Bu haftanın gündeminde Çİkolata'daki "ilişki özürlüyüz, çünkü cevapsızız" yazısı dank diye oturdu. Kabul günümü cevapsızlar bastı. Hepsine yer yoktu, çünkü yanlış yolda olduğumu söyleyenler de vardı...

Haberin Devamı

GORA'ya alet oldun!
* GORA'yı izlerken önümde oturan gençler gülmekten koltukların üstüne yattı. Onları görünce kendimden şüphe ettim, zorladıysam da gülemedim. Ama sonunda AVEA kazandı. Sizin gibi bu filmi abartıp köşe yazısı yapanlar sayesinde. Annemizin üreme organıyla ilgili belden aşağı esprilere yapıldığında insanların yerlere yatması komikliğin ucuzladığını gösteriyor. Hele bu tasvirlere senin gibi "hanımefendi" birinin alet olması da garip.
(Ertan SANGAR)

* Anamızın üreme organıyla ilgili kısmı ben kaçırmışım. Bakın sizden kaçmamış, ne gözle izlediğine bağlı bu biraz da, aklınızda kalan oysa... Hanımefendiyi tırnak içine alınca bana laf mı sokmuş oluyorsunuz?.. Hanımefendiliğimi sorgulamak ne haddinize ki... Hiç kimsenin hiçbir şeyine alet değilim. Ne Goracıları tanırım ne de Avea kullancısıyım. Allah size ufuk genişliği versin. Bir de okuduğunuzu anlama yetisi, ne diyeyim. Bir daha gelmeyin!

Kalçaların büyük
* Soyadınız neden Drew, anlamı nedir, siz yabancı mısınız? İkincisi yazılarınız neden hep böyle fasa fiso boş şeyler. Üçüncüsü hep yalnız takıldığınızı yazıyorsunuz. Neden, erkekler size bakmıyor mu, çirkin misiniz?.. Bence değilsiniz, normal bir Türk kadını kadar güzelsiniz ama biraz kalçalarınız büyük gördüğüm kadarıyla. Hayırlı eğlenceler.
(Birol ERKUL)

* 1. Soyadı dediğin ya babadan ya kocadan yadigardır. Evlenmediğime göre dünyanın en anlamsız sorusudur. Bazen sizleri gördükçe yabancı olduğuma inanıyorum, evet yabancıyım ama içinizdeki yabancı!..
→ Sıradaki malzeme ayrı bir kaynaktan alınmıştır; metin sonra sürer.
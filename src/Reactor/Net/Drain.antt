-- ===== src/Reactor/Net/Drain.antt =====
-- The consumer of the network reactor: its loop over the batches is one delivery of all completions
-- that are ready.
use go_uring.Base.{◌≡◌, refl, ap, Bool-cases, inl, inr, List, [], ◌∷◌, ◌++◌}
use go_uring.Uring.Entry.{CqEvent}
use go_uring.Uring.Ring.{Ring}
use go_uring.Reactor.Consumer.Drain.{IsDelivery, and_then}
use go_uring.Reactor.Registry.{CbRegistry, registry_pop}
use go_uring.Reactor.RequestId.{request_fd, request_nonce}
use go_uring.Reactor.Net.{deliver, is_reserved}

module _ {C : Type 0} where
  deliver-append :
      (xs ys : List CqEvent) (reg : CbRegistry C)
      → deliver (xs ++ ys) reg ≡ and_then (deliver xs reg).0 (deliver ys (deliver xs reg).1)
  unfolding deliver
  deliver-append [] ys reg = refl
  deliver-append (x ∷ xs) ys reg =
      let (cb, reg') = registry_pop reg (request_fd x.user_data) (request_nonce x.user_data) in
      elim (Bool-cases (is_reserved x)) [
        | inl reserved ↦ rw reserved (deliver-append xs ys reg)
        | inr other ↦ rw other (ap (and_then ((cb, x) ∷ [])) (deliver-append xs ys reg'))
      ]

  pub deliver-IsDelivery : IsDelivery (deliver {C = C})
  unfolding deliver
  deliver-IsDelivery = record { deliver_nil = λ reg. refl; deliver_append = deliver-append }
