-- ===== src/Reactor/Net/Round.antt =====
-- reactor/net.go, runConsumer: one round, the wait for a completion and then the loop over the batches.
mod Tests
use go_uring.Base.{
  ℕ, ◌+◌, refl, ap, sym, subst, ◌∙◌, Option, none, List, [], ◌∷◌, ◌⊎◌, inl, inr, arith,
}
use go_uring.Base.Int.{ℤ}
use go_uring.Uring.Entry.{CqEvent}
use go_uring.Uring.Cq.Inv.{ready, length-ready}
use go_uring.Uring.Ring.{Ring, Enter, Entered, Outcome, Got}
use go_uring.Uring.Ring.Rounds.{Delivers}
use go_uring.Uring.Ring.Timeout.{waited, overflow, Returns, wait_cq_events_with_timeout_total}
use go_uring.Reactor.Registry.{CbRegistry}
use go_uring.Reactor.Net.{deliver}
use go_uring.Reactor.Consumer.{Drain, round_of}

module _ {K C : Type 0} (enter : Enter → K → Ring → Entered K) (wait_fuel fuel spec : ℕ) (tick : ℤ)
    (buff : List (Option CqEvent)) (reg : CbRegistry C) where
  unfoldable pub consumer_round : K → Ring → Option (Drain K C (CbRegistry C))
  unfolding round_of deliver
  consumer_round w ring = round_of enter deliver wait_fuel fuel spec tick buff reg w ring
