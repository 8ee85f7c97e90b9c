-- ===== src/Reactor/Net/Round/Tests.antt =====
-- An instance: a ring with one ready completion, and a kernel whose calls fail.
use go_uring.Base.{ℕ, ◌+◌, ◌-◌, ◌^◌, [], ◌∷◌}
use go_uring.Base.Word.{u32_mod}
use go_uring.Uring.Entry.{CqEvent, zero_entry, zero_event}
use go_uring.Uring.Params.{zero_params}
use go_uring.Uring.Ring.{Ring, Enter, Entered}
use go_uring.Reactor.Registry.{CbRegistry, new_cb_registry}

-- EINTR
abbrev enter : Enter → ℕ → Ring → Entered ℕ
enter a w r = record { consumed = 0; errno = 4; world = w + 1; ring = r }

abbrev event : CqEvent
event = record { user_data = 5; res = 3; flags = 0 }

abbrev ring : Ring
ring = record {
  fd = 3;
  params = record zero_params { features = 2 ^ 8 };
  cq_ring = record {
    k_head = u32_mod - 1;
    k_tail = 0;
    k_ring_mask = 1;
    k_ring_entries = 2;
    k_overflow = 0;
    cqes = zero_event ∷ event ∷ [];
  };
  sq_ring = record {
    k_head = 0;
    k_tail = 0;
    k_ring_mask = 1;
    k_ring_entries = 2;
    k_flags = 0;
    k_array = 0 ∷ 1 ∷ [];
    sqe_buff = zero_entry ∷ zero_entry ∷ [];
    sqe_tail = 0;
    sqe_head = 0;
  };
}

abbrev registry : CbRegistry ℕ
registry = new_cb_registry 1 75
2. Fasa fiso boş şeyler dediğiniz hayatımdır. Hani sizi hiç ilgilendirmeyen.

3. Eskisi kadar güzel olduğumu iddia edemem ama hala bakıyor erkekler, ben demir lady'yi oynuyorum. Canımın çektiğine pasın alasını veriyorum ama... Endişelenmeyiniz.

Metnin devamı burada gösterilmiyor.